▶ PROBLEM STATEMENT: Spot each line in the data below containing "rest" and copy it.

──────── SUPPLIED INFORMATION

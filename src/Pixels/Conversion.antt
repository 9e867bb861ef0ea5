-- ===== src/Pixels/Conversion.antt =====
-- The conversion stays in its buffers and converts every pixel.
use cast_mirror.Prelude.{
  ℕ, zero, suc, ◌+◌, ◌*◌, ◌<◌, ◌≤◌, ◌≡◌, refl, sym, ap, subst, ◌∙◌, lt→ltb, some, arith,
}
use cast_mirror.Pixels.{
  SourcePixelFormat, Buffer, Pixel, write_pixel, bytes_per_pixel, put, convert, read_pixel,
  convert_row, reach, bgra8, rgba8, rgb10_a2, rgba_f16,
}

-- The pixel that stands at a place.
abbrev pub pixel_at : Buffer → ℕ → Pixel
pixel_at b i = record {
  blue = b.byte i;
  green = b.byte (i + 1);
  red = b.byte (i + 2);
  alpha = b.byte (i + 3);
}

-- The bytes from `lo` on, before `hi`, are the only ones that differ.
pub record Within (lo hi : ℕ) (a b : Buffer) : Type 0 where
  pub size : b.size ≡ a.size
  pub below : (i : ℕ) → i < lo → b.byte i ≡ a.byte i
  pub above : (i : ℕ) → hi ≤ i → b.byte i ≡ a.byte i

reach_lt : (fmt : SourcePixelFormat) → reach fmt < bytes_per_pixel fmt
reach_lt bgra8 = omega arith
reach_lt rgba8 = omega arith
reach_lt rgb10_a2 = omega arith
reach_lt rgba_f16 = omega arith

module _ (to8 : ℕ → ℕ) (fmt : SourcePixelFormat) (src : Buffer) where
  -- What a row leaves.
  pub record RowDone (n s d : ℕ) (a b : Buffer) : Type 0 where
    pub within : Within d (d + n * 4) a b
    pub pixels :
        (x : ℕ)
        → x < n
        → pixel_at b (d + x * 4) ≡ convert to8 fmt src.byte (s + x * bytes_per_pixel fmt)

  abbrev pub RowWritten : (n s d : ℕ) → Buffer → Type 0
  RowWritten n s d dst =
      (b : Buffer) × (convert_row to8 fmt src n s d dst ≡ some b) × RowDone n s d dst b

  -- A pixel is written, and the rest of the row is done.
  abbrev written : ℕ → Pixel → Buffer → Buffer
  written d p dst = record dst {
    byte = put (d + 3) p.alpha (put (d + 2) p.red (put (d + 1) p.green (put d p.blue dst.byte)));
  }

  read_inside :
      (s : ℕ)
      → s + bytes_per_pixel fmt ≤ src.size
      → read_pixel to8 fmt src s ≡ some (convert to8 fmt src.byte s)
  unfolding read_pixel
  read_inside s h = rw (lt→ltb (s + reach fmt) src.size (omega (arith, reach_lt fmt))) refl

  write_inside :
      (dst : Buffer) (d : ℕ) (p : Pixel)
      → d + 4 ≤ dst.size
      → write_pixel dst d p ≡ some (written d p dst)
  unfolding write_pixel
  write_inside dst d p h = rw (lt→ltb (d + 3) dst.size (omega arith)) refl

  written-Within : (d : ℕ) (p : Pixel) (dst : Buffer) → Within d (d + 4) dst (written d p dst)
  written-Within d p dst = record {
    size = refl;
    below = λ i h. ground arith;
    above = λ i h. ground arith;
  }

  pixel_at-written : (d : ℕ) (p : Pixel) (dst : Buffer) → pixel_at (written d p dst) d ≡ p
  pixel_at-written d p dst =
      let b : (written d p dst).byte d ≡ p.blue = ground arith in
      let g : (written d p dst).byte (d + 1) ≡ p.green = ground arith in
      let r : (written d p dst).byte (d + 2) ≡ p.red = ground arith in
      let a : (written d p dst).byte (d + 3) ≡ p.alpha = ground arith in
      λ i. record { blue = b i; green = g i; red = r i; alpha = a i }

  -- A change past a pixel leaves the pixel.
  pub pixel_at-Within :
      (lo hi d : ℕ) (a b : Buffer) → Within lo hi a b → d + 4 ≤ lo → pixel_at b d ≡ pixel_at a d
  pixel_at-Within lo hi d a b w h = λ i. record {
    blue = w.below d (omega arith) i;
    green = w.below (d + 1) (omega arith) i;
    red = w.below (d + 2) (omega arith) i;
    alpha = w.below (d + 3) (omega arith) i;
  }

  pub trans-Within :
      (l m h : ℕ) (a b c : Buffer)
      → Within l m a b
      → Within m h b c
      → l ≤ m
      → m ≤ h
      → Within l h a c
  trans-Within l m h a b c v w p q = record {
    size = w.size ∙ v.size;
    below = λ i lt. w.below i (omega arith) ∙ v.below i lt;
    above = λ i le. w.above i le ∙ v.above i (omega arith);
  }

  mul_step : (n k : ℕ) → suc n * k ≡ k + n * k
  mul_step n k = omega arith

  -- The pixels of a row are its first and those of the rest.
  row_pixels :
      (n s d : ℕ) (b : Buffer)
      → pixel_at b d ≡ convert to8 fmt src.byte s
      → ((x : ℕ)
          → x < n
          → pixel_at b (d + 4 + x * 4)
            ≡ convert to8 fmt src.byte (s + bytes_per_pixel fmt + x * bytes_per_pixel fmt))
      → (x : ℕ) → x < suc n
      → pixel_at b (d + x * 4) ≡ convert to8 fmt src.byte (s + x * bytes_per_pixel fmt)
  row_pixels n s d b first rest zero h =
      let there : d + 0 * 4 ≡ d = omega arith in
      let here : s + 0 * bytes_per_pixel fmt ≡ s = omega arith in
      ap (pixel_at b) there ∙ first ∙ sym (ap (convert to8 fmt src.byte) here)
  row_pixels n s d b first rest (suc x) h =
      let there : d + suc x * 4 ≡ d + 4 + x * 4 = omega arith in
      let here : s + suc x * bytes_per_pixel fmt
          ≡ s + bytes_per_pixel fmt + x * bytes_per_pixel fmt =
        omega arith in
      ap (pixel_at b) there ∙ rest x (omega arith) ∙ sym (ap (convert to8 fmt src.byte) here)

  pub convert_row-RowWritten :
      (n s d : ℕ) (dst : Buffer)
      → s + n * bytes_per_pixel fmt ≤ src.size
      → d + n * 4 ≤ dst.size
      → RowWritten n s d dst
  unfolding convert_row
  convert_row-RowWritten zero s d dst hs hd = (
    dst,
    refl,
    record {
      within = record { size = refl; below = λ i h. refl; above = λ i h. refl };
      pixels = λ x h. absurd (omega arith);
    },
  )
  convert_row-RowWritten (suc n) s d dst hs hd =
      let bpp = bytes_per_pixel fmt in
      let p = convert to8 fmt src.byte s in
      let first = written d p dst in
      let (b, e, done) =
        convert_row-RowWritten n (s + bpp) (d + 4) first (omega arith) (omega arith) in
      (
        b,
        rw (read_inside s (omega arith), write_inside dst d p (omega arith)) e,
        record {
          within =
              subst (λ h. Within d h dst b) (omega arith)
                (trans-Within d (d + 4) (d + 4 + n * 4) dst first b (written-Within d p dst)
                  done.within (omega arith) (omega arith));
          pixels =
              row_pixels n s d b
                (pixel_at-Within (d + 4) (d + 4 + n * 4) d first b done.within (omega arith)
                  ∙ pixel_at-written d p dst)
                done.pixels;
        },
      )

────────────────

▶ YOUR SOLUTION:
  -- A pixel is written, and the rest of the row is done.
  -- The pixels of a row are its first and those of the rest.
  row_pixels n s d b first rest zero h =
  row_pixels n s d b first rest (suc x) h =
      ap (pixel_at b) there ∙ rest x (omega arith) ∙ sym (ap (convert to8 fmt src.byte) here)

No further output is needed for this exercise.